Ever resourceful though, Grace has also used the job as a way of handing out leaflets for her own investigations business, and whilst the Bunny job ends in a fiasco that haunts Grace for the rest of the novel she does indeed find a new client.

Della Black tells Grace that her son is being driven to distraction by a series of anonymous threatening letters and wants her to find out who is sending them. Jonathan Black grew up in Seatoun but has only recently moved back, with his wife Clemency, a soap star whose series is using Seatoun for its location shoot. Also in tow is their childhood friend Bianca, who seems to be a lonely, star-struck, unpaid slave for the couple, and who is doing all the internal conversion and decorating work.

Della introduces Grace to their household as a gardener who will sort out their overgrown wilderness, but following an accident which damages Bianca's arm, she is soon helping out more generally at the house, and a very troubled household it is too. Jonathan seems suicidal, is usually high on drink and drugs, and Clemency seems to be habitually unfaithful. The letters do keep coming, but of greater concern to Grace is the fact that the family's giant rabbit, Cappuccino, seems to have fallen in love with her leg.

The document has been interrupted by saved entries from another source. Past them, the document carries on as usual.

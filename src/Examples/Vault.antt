-- ===== src/Examples/Vault.antt =====
-- The shares of the vault key and the local session at concrete inputs.
use crypto_pigeon.Prelude.{
  ℕ, zero, suc, ◌≡◌, ◌≢◌, refl, Bool, true, false, Option, none, some, List, [], ◌∷◌, ◌++◌, map,
}
use crypto_pigeon.Relay.Db.{Opaque}
use crypto_pigeon.Daemon.Shares.{Buffer, xor_all, split_seven, reconstruct_seven}
use crypto_pigeon.Daemon.Shares.Reconstruction.{AreShares, reconstruct_seven-split_seven}
use crypto_pigeon.Daemon.Shares.Hiding.{Fits, six_shares_hide}
use crypto_pigeon.Daemon.Sessions.{
  State, Request, pass, is_given, origin_allowed, live_session, check_vault, check_session,
  verify_local_session, BootReply, invalid_bootstrap_secret, session_opened, open_session,
  boot_with, bootstrap,
}
use crypto_pigeon.Daemon.Sessions.Gate.{IsVerified, verify_local_session-IsVerified}
use crypto_pigeon.Daemon.Sessions.Bootstrap.{bootstrap_once}

abbrev stripes : Bool → ℕ → Buffer
stripes b zero = []
stripes true (suc n) = true ∷ stripes false n
stripes false (suc n) = false ∷ stripes true n

abbrev random : List Buffer
random =
    stripes true 384
    ∷ stripes false 384
    ∷ stripes true 384
    ∷ stripes true 384
    ∷ stripes false 384
    ∷ stripes false 384
    ∷ []

abbrev secret : Buffer
secret = stripes false 384

random-AreShares : AreShares random
random-AreShares = (refl, (refl, (refl, (refl, (refl, (refl, tt))))))

splits : split_seven random secret ≡ some (random ++ xor_all secret random ∷ [])
unfolding split_seven
splits = refl

reconstruct_seven-split_seven_example :
    reconstruct_seven (map some (random ++ xor_all secret random ∷ [])) ≡ some secret
reconstruct_seven-split_seven_example =
    reconstruct_seven-split_seven random secret (random ++ xor_all secret random ∷ []) refl
      random-AreShares splits

-- The third share is missing, and the secret may be another.
six_shares_hide_example :
    (random' : List Buffer) × Fits
      (stripes true 384 ∷ stripes false 384 ∷ [])
      (stripes true 384 ∷ stripes false 384 ∷ stripes false 384 ∷ xor_all secret random ∷ [])
      (stripes true 384)
      random'
    × ((other : List Buffer)
        → Fits
            (stripes true 384 ∷ stripes false 384 ∷ [])
            (stripes true 384 ∷ stripes false 384 ∷ stripes false 384 ∷ xor_all secret random ∷ [])
            (stripes true 384)
            other
        → other ≡ random')
six_shares_hide_example =
    six_shares_hide random (stripes true 384 ∷ stripes false 384 ∷ [])
      (stripes true 384 ∷ stripes false 384 ∷ stripes false 384 ∷ xor_all secret random ∷ []) secret
      (stripes true 384) (stripes true 384) refl random-AreShares splits refl

abbrev started : State
started = record {
  active_session = none;
  bootstrap_secret = some 9000;
  allowed_host = 3100;
  allowed_origin = 3101;
}

abbrev opened : BootReply × State
opened = bootstrap 1000 71 72 (some 9000) started

opens : opened.0 ≡ session_opened 71 72
unfolding bootstrap boot_with is_given open_session
opens = refl

bootstrap_once_example :
    (some 9000 ≡ started.bootstrap_secret)
    × (◌≢◌ {A = Option Opaque} (some 9000) none)
    × (bootstrap 2000 73 74 (some 9000) opened.1 ≡ (invalid_bootstrap_secret, opened.1))
bootstrap_once_example =
    bootstrap_once 1000 2000 71 72 73 74 71 72 (some 9000) (some 9000) started opens

abbrev write_request : Request
write_request = record {
  host = some 3100;
  origin = none;
  is_api = true;
  is_open = false;
  before_unlock = false;
  is_write = true;
  cookie = some 71;
  csrf = some 72;
}

passes : verify_local_session 2000 write_request false opened.1 ≡ pass
unfolding verify_local_session is_given origin_allowed check_session live_session check_vault
    bootstrap boot_with open_session
passes = refl

verify_local_session-IsVerified_example : IsVerified 2000 write_request false opened.1
verify_local_session-IsVerified_example =
    verify_local_session-IsVerified 2000 write_request false opened.1 refl passes
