-- ===== src/Relay.antt =====
-- apps/relay-server: the relay that queues ciphertext between approved accounts.
pub mod Db
pub mod Sockets
pub mod Conversations
pub mod Queue
pub mod Signaling
pub mod Backup
pub mod Auth
pub mod Prekeys
pub mod Inserts
pub mod Activation
pub mod Attachments
pub mod Dropboxes
pub mod Connections
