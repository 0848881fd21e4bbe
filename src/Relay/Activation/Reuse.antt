-- ===== src/Relay/Activation/Reuse.antt =====
-- A request for access serves for one account.
use crypto_pigeon.Prelude.{
  ℕ, ◌≡◌, ◌≢◌, refl, ap, Bool, true, false, Option, none, some, List, [], ◌∷◌, find, update, ◌==◌,
  Bool-cases, inl, inr,
}
use crypto_pigeon.Relay.Db.{
  Uuid, Opaque, AccessStatus, pending, approved, rejected, activated, AccessRequest, Db,
}
use crypto_pigeon.Relay.Activation.{Payload, created, with_status, has_id, Draw, activate}
use crypto_pigeon.Relay.Activation.Accounts.{activate-IsActivation}

is_activated : AccessStatus → Bool
is_activated activated = true
is_activated pending = false
is_activated approved = false
is_activated rejected = false

is_spent : Option AccessRequest → Bool
unfolding is_activated
is_spent none = true
is_spent (some r) = is_activated r.status

find-activated :
    (id : Uuid) (rs : List AccessRequest)
    → is_spent (find (has_id id) (update (has_id id) (with_status activated) rs)) ≡ true
unfolding has_id with_status is_spent
find-activated id [] = refl
find-activated id (q ∷ rs) = elim (Bool-cases (q.request_id == id)) [
  | inl own ↦ rw (own, own) refl
  | inr other ↦ rw (other, other) (find-activated id rs)
]

spent-found :
    (id id' : Uuid) (rs rs' : List AccessRequest) (r : AccessRequest)
    → id' ≡ id
    → rs' ≡ update (has_id id) (with_status activated) rs
    → find (has_id id') rs' ≡ some r
    → r.status ≢ approved
unfolding is_spent
spent-found id id' rs rs' r same e found s =
    let is_true : is_spent (find (has_id id') rs') ≡ true = rw (same, e) (find-activated id rs) in
    let is_false : is_spent (some r) ≡ false = ap is_activated s in cc (is_true, is_false, found)

-- A request that has made an account makes no second one, whatever is sent for it next.
pub activate_once :
    (hmac : Opaque → Opaque) (uid : Uuid → ℕ → Opaque) (now now' : ℕ) (draw draw' : Draw)
    (p p' : Payload) (db : Db) (token token' : Opaque) (user user' device device' : Uuid)
    (public_uid public_uid' : Opaque)
    → p'.request_id ≡ p.request_id
    → (activate hmac uid now draw p db).0 ≡ created token user device public_uid
    → (activate hmac uid now' draw' p' (activate hmac uid now draw p db).1).0
      ≢ created token' user' device' public_uid'
activate_once hmac uid now now' draw draw' p p' db token token' user user' device device' public_uid
      public_uid' same h h' =
    let first = activate-IsActivation hmac uid now draw p db token user device public_uid h in
    let second =
      activate-IsActivation hmac uid now' draw' p' _ token' user' device' public_uid' h' in
    spent-found p.request_id p'.request_id _ _ second.request same first.account.spent second.found
      second.approval
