-- ===== src/Relay/Connections/Backlog.antt =====
-- The signals that one connection has under way.
use crypto_pigeon.Prelude.{ℕ, suc, ◌+◌, ◌≤◌, ◌≡◌, true, some, arith}
use crypto_pigeon.Relay.Connections.{
  Connection, opened, Incoming, ping_frame, signal_frame, other_frame, malformed, Reaction,
  forwards, sends_pong, closes_backlog, ignores, reports_invalid, receive, forwarded, pong, ping,
}

abbrev started : Reaction → ℕ
started forwards = 1
started sends_pong = 0
started closes_backlog = 0
started ignores = 0
started reports_invalid = 0

-- The life of a connection, with the signals that it forwards at the moment.
pub data Life : Connection → ℕ → Type 0 where
  opens : Life opened 0
  receives :
      {c : Connection} {n : ℕ}
      → Life c n
      → (frame : Incoming) → Life (receive frame c).1 (n + started (receive frame c).0)
  ends : {c : Connection} {n : ℕ} → Life c (suc n) → Life (forwarded c) n
  pongs : {c : Connection} {n : ℕ} → Life c n → Life (pong c) n
  pings : {c c' : Connection} {n : ℕ} → Life c n → ping true c ≡ some c' → Life c' n

receive-bounded :
    (frame : Incoming) (c : Connection) (n : ℕ)
    → (c.pending_signals ≡ n) × (n ≤ 4)
    → ((receive frame c).1.pending_signals ≡ n + started (receive frame c).0)
      × (n + started (receive frame c).0 ≤ 4)
unfolding receive
receive-bounded ping_frame c n h = ground arith
receive-bounded signal_frame c n h = ground arith
receive-bounded other_frame c n h = ground arith
receive-bounded malformed c n h = ground arith

-- A connection counts its signals rightly, and never has more than four of them under way, whatever
-- frames it receives and whenever they end.
pub Life-bounded : {c : Connection} {n : ℕ} → Life c n → (c.pending_signals ≡ n) × (n ≤ 4)
unfolding forwarded pong ping
Life-bounded opens = ground arith
Life-bounded (receives {c} {n} r frame) = receive-bounded frame c n (Life-bounded r)
Life-bounded (ends {c} {n} r) = ground (arith, Life-bounded r)
Life-bounded (pongs {c} {n} r) = ground (arith, Life-bounded r)
Life-bounded (pings {c} {c'} {n} r e) = ground (arith, Life-bounded r)
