-- ===== src/Journal.antt =====
-- The diagnostic journal (include/bmw_remote/infrastructure/diagnostic_journal.hpp and
-- src/infrastructure/diagnostic_journal.cpp): a ring of the last 32 records, and the records that
-- a decision leaves.
pub mod Ring
pub mod Records
pub mod Window
pub mod Faults
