-- ===== src/Journal/Ring.antt =====
-- `DiagnosticRecord` and the ring buffer of `DiagnosticJournal`. `std::array` of 32 records is a
-- function of the index, which the code always reduces modulo 32.
use bmw_e9x_remote_control.Common.{
  ℕ, ◌+◌, ◌%◌, Option, some, ltb, leb, ◌==◌, if◌then◌else◌, u32_mod,
}
use bmw_e9x_remote_control.Controller.Types.{ControllerState, FaultCode, EventType}

pub data DiagnosticRecordType : Type 0 where
  command_received state_transition request_rejected fault_entered : DiagnosticRecordType
  infrastructure_failure safing_failure : DiagnosticRecordType

pub data DiagnosticReason : Type 0 where
  none remote_start_disabled profile_not_ready safety_policy : DiagnosticReason
  invalid_state unsafe_reset : DiagnosticReason

pub record DiagnosticRecord : Type 0 where
  pub sequence : ℕ
  pub timestamp_ms : ℕ
  pub safety_reasons : ℕ
  pub type : DiagnosticRecordType
  pub trigger : EventType
  pub previous_state : ControllerState
  pub state : ControllerState
  pub fault : FaultCode
  pub reason : DiagnosticReason
  pub profile_reasons : ℕ

-- `DiagnosticRecord{}`.
abbrev pub empty_record : DiagnosticRecord
empty_record = record {
  sequence = 0;
  timestamp_ms = 0;
  safety_reasons = 0;
  type = command_received;
  trigger = EventType.vehicle_state_updated;
  previous_state = ControllerState.idle;
  state = ControllerState.idle;
  fault = FaultCode.none;
  reason = DiagnosticReason.none;
  profile_reasons = 0;
}

-- `MaximumRecords`.
abbrev pub maximum_records : ℕ
maximum_records = 32

pub record DiagnosticJournal : Type 0 where
  pub records : ℕ → DiagnosticRecord
  pub oldest_index : ℕ
  pub size : ℕ
  pub next_sequence : ℕ
  pub overwritten_count : ℕ

-- `clear`, and the members of a new journal.
abbrev pub empty_journal : DiagnosticJournal
empty_journal = record {
  records = λ i. empty_record;
  oldest_index = 0;
  size = 0;
  next_sequence = 1;
  overwritten_count = 0;
}

-- `records_[index] = record`.
abbrev pub store : (ℕ → DiagnosticRecord) → ℕ → DiagnosticRecord → ℕ → DiagnosticRecord
store records index r i = if i == index then r else records i

-- `append`. The sequence number wraps, the count of overwritten records saturates.
unfoldable pub append : DiagnosticJournal → DiagnosticRecord → DiagnosticJournal
append j r0 =
    let r = record r0 { sequence = j.next_sequence } in
    let next = (j.next_sequence + 1) % u32_mod in
    if ltb j.size maximum_records
    then record j {
      records = store j.records ((j.oldest_index + j.size) % maximum_records) r;
      size = j.size + 1;
      next_sequence = next;
    }
    else record j {
      records = store j.records j.oldest_index r;
      oldest_index = (j.oldest_index + 1) % maximum_records;
      overwritten_count =
          if ltb j.overwritten_count 4294967295
          then j.overwritten_count + 1
          else j.overwritten_count;
      next_sequence = next;
    }

-- `read`, which fails past the last record.
unfoldable pub read : DiagnosticJournal → ℕ → Option DiagnosticRecord
read j chronological_index =
    if leb j.size chronological_index
    then Option.none
    else some (j.records ((j.oldest_index + chronological_index) % maximum_records))

-- `clear`.
abbrev pub clear : DiagnosticJournal → DiagnosticJournal
clear j = empty_journal
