-- ===== src/Journal/Records.antt =====
-- The records that the journal keeps of a decision and of a failure.
use bmw_e9x_remote_control.Common.{ℕ, Bool, true, false, not, ◌&&◌, ◌==◌, if◌then◌else◌}
use bmw_e9x_remote_control.Controller.Types.{
  ControllerState, FaultCode, EventType, Event, ActionType, Decision,
}
use bmw_e9x_remote_control.Controller.Sequences.{contains_action}
use bmw_e9x_remote_control.Journal.Ring.{
  DiagnosticRecordType, DiagnosticReason, DiagnosticRecord, DiagnosticJournal, empty_record, append,
}

-- `isCommand`.
abbrev pub is_command : EventType → Bool
is_command EventType.remote_start_requested = true
is_command EventType.remote_stop_requested = true
is_command EventType.driver_takeover_confirmed = true
is_command EventType.reset_requested = true
is_command EventType.vehicle_state_updated = false
is_command EventType.timer_elapsed = false
is_command EventType.infrastructure_failure = false

-- `rejectionReason`.
unfoldable pub rejection_reason : Decision → DiagnosticReason
rejection_reason d =
    if contains_action d.actions ActionType.notify_remote_start_disabled
    then DiagnosticReason.remote_start_disabled
    else if contains_action d.actions ActionType.notify_profile_rejected
    then DiagnosticReason.profile_not_ready
    else if contains_action d.actions ActionType.notify_start_rejected
    then DiagnosticReason.safety_policy
    else if contains_action d.actions ActionType.notify_reset_rejected
    then DiagnosticReason.unsafe_reset
    else if contains_action d.actions ActionType.notify_request_ignored
    then DiagnosticReason.invalid_state
    else DiagnosticReason.none

-- `makeRecord`.
abbrev pub make_record :
    DiagnosticRecordType → EventType → Decision → DiagnosticReason → ℕ → DiagnosticRecord
make_record type trigger d reason timestamp_ms = record {
  sequence = 0;
  timestamp_ms = timestamp_ms;
  safety_reasons = d.safety.reasons;
  type = type;
  trigger = trigger;
  previous_state = d.previous_state;
  state = d.state;
  fault = d.fault;
  reason = reason;
  profile_reasons = d.profile_readiness.reasons;
}

-- The underlying value of the enumeration.
abbrev pub state_index : ControllerState → ℕ
state_index ControllerState.idle = 0
state_index ControllerState.authorizing = 1
state_index ControllerState.preparing = 2
state_index ControllerState.cranking = 3
state_index ControllerState.running = 4
state_index ControllerState.awaiting_takeover = 5
state_index ControllerState.driver_control = 6
state_index ControllerState.stopping = 7
state_index ControllerState.fault = 8

abbrev pub same_state : ControllerState → ControllerState → Bool
same_state s t = state_index s == state_index t

abbrev pub is_reason : DiagnosticReason → Bool
is_reason DiagnosticReason.none = false
is_reason _ = true

abbrev pub fault_reason : FaultCode → DiagnosticReason
fault_reason FaultCode.safety_interlock = DiagnosticReason.safety_policy
fault_reason _ = DiagnosticReason.none

-- The record of a command shows the state and fault before it.
abbrev pub command_record : Event → Decision → ℕ → DiagnosticRecord
command_record e d timestamp_ms =
    record (make_record DiagnosticRecordType.command_received e.type d DiagnosticReason.none
      timestamp_ms) { state = d.previous_state; fault = d.previous_fault }

-- `DiagnosticJournal::observe`.
unfoldable pub observe : DiagnosticJournal → Event → Decision → ℕ → DiagnosticJournal
observe j e d timestamp_ms =
    let j1 = if is_command e.type then append j (command_record e d timestamp_ms) else j in
    let j2 =
      if not (same_state d.previous_state d.state)
      then append j1 (
          make_record DiagnosticRecordType.state_transition e.type d DiagnosticReason.none
            timestamp_ms)
      else j1 in
    let rejected = rejection_reason d in
    let j3 =
      if is_reason rejected
      then append j2
          (make_record DiagnosticRecordType.request_rejected e.type d rejected timestamp_ms)
      else j2 in
    if same_state d.state ControllerState.fault
      && not (same_state d.previous_state ControllerState.fault)
    then append j3 (
        make_record DiagnosticRecordType.fault_entered e.type d (fault_reason d.fault) timestamp_ms)
    else j3

-- `recordFailure`.
unfoldable pub record_failure :
    DiagnosticJournal
    → DiagnosticRecordType
    → EventType
    → ControllerState
    → FaultCode
    → ℕ
    → DiagnosticJournal
record_failure j type trigger state fault timestamp_ms = append j (record empty_record {
  timestamp_ms = timestamp_ms;
  type = type;
  trigger = trigger;
  previous_state = state;
  state = state;
  fault = fault;
})

-- `recordInfrastructureFailure`.
unfoldable pub record_infrastructure_failure :
    DiagnosticJournal → EventType → ControllerState → FaultCode → ℕ → DiagnosticJournal
record_infrastructure_failure j trigger state fault timestamp_ms =
    record_failure j DiagnosticRecordType.infrastructure_failure trigger state fault timestamp_ms

-- `recordSafingFailure`.
unfoldable pub record_safing_failure :
    DiagnosticJournal → ControllerState → FaultCode → ℕ → DiagnosticJournal
record_safing_failure j state fault timestamp_ms =
    record_failure j DiagnosticRecordType.safing_failure EventType.infrastructure_failure state
      fault timestamp_ms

But watching the Blacks isn't Grace's only case. Her old ally O'Hara turns up and wants Grace's help with a murder that his brother, a bent cop, confessed to involvement with on his death bed.

Fourteen years earlier, Heidi Walkinshaw never returned from her paper round. A local child rapist was strongly suspected, but he was murdered before charges were brought, supposedly by Heidi's father who confessed to the crime. However, O'Hara's brother confided that he and his police partner were the ones responsible for the killing, and it was one of his dying wishes that Heidi's body be found and laid to rest.

So between disastrous gardening stints, Grace and O'Hara track down Heidi's' family and friends, and retrace her steps on the day she went missing, seeking facts the police overlooked at the time, and hoping for new information. Before long, Grace isn't just battling her amorous thoughts about O'Hara -- someone wants her dead.

CUE THE EASTER BUNNY is one of the most enjoyable books I've read for a long time. The story lines are engrossing, and the characters engaging. There is good romantic tension between Grace and O'Hara, usually given very witty treatment.

The reinvestigation of the cold case has several unexpected but believable elements, and I enjoyed the use of the seaside location, with its down at heel touristy town, and beautiful beaches. I found this book much funnier than I remember the only previous episode of this six-book series that I've read before, and had several laugh out-loud moments, a rare thing for me. I'll be scampering off to read the others now.